* Task prompt *
Without changing anything, reproduce every record below.

[Entries shown Boundary: Start]

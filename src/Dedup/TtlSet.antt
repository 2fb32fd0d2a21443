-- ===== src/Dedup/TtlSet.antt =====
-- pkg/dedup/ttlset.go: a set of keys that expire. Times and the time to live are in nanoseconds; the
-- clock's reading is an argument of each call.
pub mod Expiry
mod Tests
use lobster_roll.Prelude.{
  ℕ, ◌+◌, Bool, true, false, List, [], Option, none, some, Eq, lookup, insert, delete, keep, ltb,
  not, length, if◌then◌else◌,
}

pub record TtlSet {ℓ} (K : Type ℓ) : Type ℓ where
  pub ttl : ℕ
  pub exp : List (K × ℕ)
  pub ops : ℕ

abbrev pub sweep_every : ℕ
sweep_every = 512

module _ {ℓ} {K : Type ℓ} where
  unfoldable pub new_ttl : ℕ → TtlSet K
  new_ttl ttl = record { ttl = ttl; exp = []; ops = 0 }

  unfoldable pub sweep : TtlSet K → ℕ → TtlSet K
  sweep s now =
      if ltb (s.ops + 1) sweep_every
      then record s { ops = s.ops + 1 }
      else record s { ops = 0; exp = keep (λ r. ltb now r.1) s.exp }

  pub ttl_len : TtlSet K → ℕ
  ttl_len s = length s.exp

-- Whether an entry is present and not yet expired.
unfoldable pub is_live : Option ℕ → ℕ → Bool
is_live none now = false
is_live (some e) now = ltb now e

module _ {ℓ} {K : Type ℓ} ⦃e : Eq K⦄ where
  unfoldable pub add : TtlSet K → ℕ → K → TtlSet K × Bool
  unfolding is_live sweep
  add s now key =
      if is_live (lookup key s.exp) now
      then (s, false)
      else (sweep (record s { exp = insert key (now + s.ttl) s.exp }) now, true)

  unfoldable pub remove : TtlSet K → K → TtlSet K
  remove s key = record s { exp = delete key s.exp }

[Entries shown Boundary: End]

* Expected output *
filename src/Dedup/TtlSet.antt
repository 2fb32fd0d2a21443
-- ===== src/Dedup/TtlSet.antt =====
-- pkg/dedup/ttlset.go: a set of keys that expire. Times and the time to live are in nanoseconds; the
-- clock's reading is an argument of each call.
pub mod Expiry
mod Tests
use lobster_roll.Prelude.{
  ℕ, ◌+◌, Bool, true, false, List, [], Option, none, some, Eq, lookup, insert, delete, keep, ltb,
  not, length, if◌then◌else◌,
}

pub record TtlSet {ℓ} (K : Type ℓ) : Type ℓ where
  pub ttl : ℕ
  pub exp : List (K × ℕ)
  pub ops : ℕ

abbrev pub sweep_every : ℕ
sweep_every = 512

module _ {ℓ} {K : Type ℓ} where
  unfoldable pub new_ttl : ℕ → TtlSet K
  new_ttl ttl = record { ttl = ttl; exp = []; ops = 0 }

  unfoldable pub sweep : TtlSet K → ℕ → TtlSet K
  sweep s now =
      if ltb (s.ops + 1) sweep_every
      then record s { ops = s.ops + 1 }
      else record s { ops = 0; exp = keep (λ r. ltb now r.1) s.exp }

  pub ttl_len : TtlSet K → ℕ
  ttl_len s = length s.exp

-- Whether an entry is present and not yet expired.
unfoldable pub is_live : Option ℕ → ℕ → Bool
is_live none now = false
is_live (some e) now = ltb now e

module _ {ℓ} {K : Type ℓ} ⦃e : Eq K⦄ where
  unfoldable pub add : TtlSet K → ℕ → K → TtlSet K × Bool
  unfolding is_live sweep
  add s now key =
      if is_live (lookup key s.exp) now
      then (s, false)
      else (sweep (record s { exp = insert key (now + s.ttl) s.exp }) now, true)

  unfoldable pub remove : TtlSet K → K → TtlSet K
  remove s key = record s { exp = delete key s.exp }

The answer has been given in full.